Книги у Довлатова не задерживались. Любимые, вроде Достоевского, «Хозяина и работника» и, конечно, Фолкнера, он знал наизусть, с другими легко расставался, наделяя нас с Вайлем то Львом Халифом, то Сашей Соколовым. Меня его отношение к литературе удивляло до икоты, точно так же как его — мое, особенно когда я проболтался про мениппею.
— О, понимаю, — обрадовался Сергей, — прохладный сумрак библиотек, зеленая лампа, пыльные фолианты.
Этот «прохладный сумрак» навсегда лишил меня уважения к литературоведческим глупостям, и я рьяно учился обходиться без них у Довлатова. Я слушал Сергея, страдая от внутреннего протеста, ибо как каждый отличник филфака благоговел перед словом «поэтика», мечтал открыть ее законы и применить их к какому-нибудь литературному телу.
К тому же мы были очень разными: я хотел знать все, Довлатов — все забыть, чтобы открыть заново. Не то чтобы Сергей презирал эрудицию — он ее терпел, пережидая, как чужие запои. Твердо уверенный в том, что ничего полезного вычитать нельзя, он публично обещал заняться чужой философией, как только выработает свою. Пугаясь этого демонстративного невежества, я чувствовал довлатовскую правоту, но не смел разделить его взгляды. Возможно, потому что пил меньше.
Отметая школы и направления, Сергей интересовался не сходством разных авторов, а их неповторимыми отличиями. В его пересказе каждый выходил курьезом словесности. В книгах он ценил не замысел и сюжет, а черту портрета и тон диалога, не путь к финалу, а момент истины, не красоту, а точность, не вширь, не вглубь, а ненароком, по касательной, скрытно, как подножка, и непоправимо, как пощечина. Страдая от Лотмана и молодой запальчивости, я громко спорил и тихо мотал на ус, понимая, что правда там, где никто не был раньше.

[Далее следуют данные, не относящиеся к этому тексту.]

-- ===== src/PullRequest/Keys.antt =====
-- pr/keyparse.go: the regular expressions as matchers over the code points of ASCII text. A matcher
-- gives what it captures and the number of characters of the match.
use spec_powers.Prelude.{
  ℕ, zero, suc, ◌+◌, ◌-◌, ◌*◌, Bool, true, false, not, ◌&&◌, ◌||◌, Option, none, some, List, [],
  ◌∷◌, ◌++◌, any, map, leb, ◌==◌, codes, length, if◌then◌else◌,
}

abbrev pub is_digit : ℕ → Bool
is_digit c = leb 48 c && leb c 57

abbrev pub is_upper : ℕ → Bool
is_upper c = leb 65 c && leb c 90

abbrev pub is_lower : ℕ → Bool
is_lower c = leb 97 c && leb c 122

-- `\w`, for the boundaries `\b`.
abbrev pub is_word : ℕ → Bool
is_word c = is_digit c || is_upper c || is_lower c || c == 95

abbrev pub to_upper : ℕ → ℕ
to_upper c = if is_lower c then c - 32 else c

-- `\s`.
abbrev pub is_blank_char : ℕ → Bool
is_blank_char c = (leb 9 c && leb c 10) || (leb 12 c && leb c 13) || c == 32

-- The longest run of characters of a class, and what follows it.
unfoldable pub run : (ℕ → Bool) → List ℕ → List ℕ × List ℕ
run p [] = ([], [])
run p (c ∷ text) =
    let (taken, rest) = run p text in if p c then (c ∷ taken, rest) else ([], c ∷ text)

abbrev pub ends_word : List ℕ → Bool
ends_word [] = true
ends_word (c ∷ rest) = not (is_word c)

abbrev pub has_length : ℕ → ℕ → List ℕ → Bool
has_length low high text = leb low (length text) && leb (length text) high

-- `-([0-9]{1,9})\b`, the number.
unfoldable pub dashed_number : List ℕ → Option (List ℕ)
unfolding run
dashed_number [] = none
dashed_number (c ∷ text) =
    let (digits, rest) = run is_digit text in
    if c == 45 && has_length 1 9 digits && ends_word rest then some digits else none

pub record Key : Type 0 where
  pub prefix : List ℕ
  pub number : List ℕ

abbrev pub starts_with : (ℕ → Bool) → List ℕ → Bool
starts_with p [] = false
starts_with p (c ∷ text) = p c

abbrev pub key_of : List ℕ → Option (List ℕ) → Option Key
key_of prefix none = none
key_of prefix (some digits) = some (record { prefix = prefix; number = digits })

-- A letter, 1 to 15 further characters, and the number; no shorter prefix has the dash behind it.
unfoldable pub key_at : (ℕ → Bool) → (ℕ → Bool) → List ℕ → Option Key
unfolding run dashed_number
key_at letter more text =
    let (prefix, rest) = run more text in
    if starts_with letter prefix && has_length 2 16 prefix
    then key_of prefix (dashed_number rest)
    else none

abbrev pub key_length : Key → ℕ
key_length k = suc (length k.prefix + length k.number)

-- `strings.ToUpper` of the key's text.
abbrev pub key_text : Key → List ℕ
key_text k = map to_upper (k.prefix ++ 45 ∷ k.number)

abbrev pub matched : Option Key → Option (Key × ℕ)
matched none = none
matched (some k) = some (k, key_length k)

-- `issueKeyRe` where the character before is no word character.
unfoldable pub issue_key : List ℕ → Option (Key × ℕ)
unfolding key_at
issue_key text = matched (key_at is_upper (λ c. is_upper c || is_digit c || c == 95) text)

-- A word in any case, and what follows it.
unfoldable pub after_word : List ℕ → List ℕ → Option (List ℕ)
after_word [] text = some text
after_word (w ∷ word) [] = none
after_word (w ∷ word) (c ∷ text) =
    let rest = after_word word text in if to_upper c == to_upper w then rest else none

abbrev pub close_verbs : List (List ℕ)
close_verbs =
    codes "closes"
    ∷ codes "closed"
    ∷ codes "close"
    ∷ codes "fixes"
    ∷ codes "fixed"
    ∷ codes "fix"
    ∷ codes "resolves"
    ∷ codes "resolved"
    ∷ codes "resolve"
    ∷ []

-- `\s+` and the key, with the length so far; blanks are no part of a key.
unfoldable pub blanks_then_key : ℕ → List ℕ × List ℕ → Option (Key × ℕ)
unfolding key_at
blanks_then_key n ([], rest) = none
blanks_then_key n (c ∷ blanks, rest) = elim (key_at (λ c. is_upper c || is_lower c) is_word rest) [
  | none ↦ none
  | some k ↦ some (k, n + length (c ∷ blanks) + key_length k)
]

-- `\s*:?\s+` and the key.
unfoldable pub gap_from : ℕ → List ℕ × List ℕ → Option (Key × ℕ)
unfolding run blanks_then_key
gap_from n (blanks, []) = none
gap_from n (blanks, c ∷ rest) =
    if c == 58
    then blanks_then_key (n + suc (length blanks)) (run is_blank_char rest)
    else blanks_then_key n (blanks, c ∷ rest)

unfoldable pub gap_then_key : ℕ → List ℕ → Option (Key × ℕ)
unfolding gap_from
gap_then_key n text = gap_from n (run is_blank_char text)

unfoldable pub verb_then_key : List (List ℕ) → List ℕ → Option (Key × ℕ)
unfolding after_word gap_then_key
verb_then_key [] text = none
verb_then_key (verb ∷ verbs) text =
    let later = verb_then_key verbs text in
    elim (after_word verb text) [
      | none ↦ later
      | some rest ↦ elim (gap_then_key (length verb) rest) [ none ↦ later | some m ↦ some m ]
    ]

-- `FindAllStringSubmatch`: `skip` characters belong to the last match, and `inside` says whether the
-- character before is a word character.
unfoldable pub find_all : (List ℕ → Option (Key × ℕ)) → ℕ → Bool → List ℕ → List Key
find_all match_at skip inside [] = []
find_all match_at (suc skip) inside (c ∷ text) = find_all match_at skip (is_word c) text
find_all match_at zero inside (c ∷ text) =
    if inside then find_all match_at zero (is_word c) text else elim (match_at (c ∷ text)) [
      | none ↦ find_all match_at zero (is_word c) text
      | some (k, n) ↦ k ∷ find_all match_at (n - 1) (is_word c) text
    ]

abbrev pub same_text : List ℕ → List ℕ → Bool
same_text [] [] = true
same_text [] (d ∷ ds) = false
same_text (c ∷ cs) [] = false
same_text (c ∷ cs) (d ∷ ds) = c == d && same_text cs ds

-- The loop over the matches, with the keys seen.
unfoldable pub distinct_keys : List (List ℕ) → List Key → List (List ℕ)
distinct_keys seen [] = []
distinct_keys seen (k ∷ keys) =
    if any (same_text (key_text k)) seen
    then distinct_keys seen keys
    else key_text k ∷ distinct_keys (key_text k ∷ seen) keys

unfoldable pub extract_issue_keys : List ℕ → List (List ℕ)
unfolding distinct_keys find_all issue_key
extract_issue_keys text = distinct_keys [] (find_all issue_key 0 false text)

unfoldable pub parse_close_intents : List ℕ → List (List ℕ)
unfolding distinct_keys find_all verb_then_key
parse_close_intents text = distinct_keys [] (find_all (verb_then_key close_verbs) 0 false text)

abbrev pub number_of : ℕ → List ℕ → ℕ
number_of n [] = n
number_of n (c ∷ digits) = number_of (n * 10 + (c - 48)) digits

abbrev pub first_split : List Key → List ℕ × ℕ
first_split [] = ([], 0)
first_split (k ∷ keys) = (map to_upper k.prefix, number_of 0 k.number)

-- At most nine digits: the sum does not overflow.
unfoldable pub split_issue_key : List ℕ → List ℕ × ℕ
unfolding find_all issue_key
split_issue_key key = first_split (find_all issue_key 0 false key)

Беседы с Довлатовым развивали не интеллект и не вкус, хотя и его тоже, а тактильное отношение к слову. Сергей ощупывал текст, замечая, где выпирает лишнее и зияет недостающее. Примерно то же я делал, когда работал метранпажем.
И все же, если исключить мениппею, Довлатов поощрял наши опыты. Принципиально отказываясь отделять художественную литературу от любой другой, он считал критику равной словесности, вынуждая и нас к тому же. Кроме того, Сергей требовал, чтобы мы издали книгу, и не понимал, почему мы не торопимся. Сам он ждал своей первой книги слишком долго и не понимал, как можно откладывать это решающее событие в биографии автора.
— Писатель, — вещал Довлатов, — начинается со второй книги, ибо первую, даже хорошую, может написать всякий.
Когда Сергей нас убедил, мы, собрав и искромсав все написанное, принесли рукопись, чтобы ее набрала на домашнем компьютере жена Довлатова Лена. Чтобы передать ей книгу, мы с Сергеем встретились в «Макдоналдсе». Отмечая принесенным бренди окончание труда, мы засиделись допоздна и расстались, довольные друг другом. Только утром обнаружилось, что портфеля с рукописью нашей первой книги не оказалось ни у одного из трех участников застолья. Как в инциденте с колбасой, я огорчился за вора, обнаружившего в новеньком, специально купленном для этого случая портфеле-дипломате стопку бумаги, испачканной непонятными буквами.
Книгу пришлось составить заново, от чего она не стала хуже, чем могла бы быть, если учесть унылое, навязанное издательством название «Современная русская проза».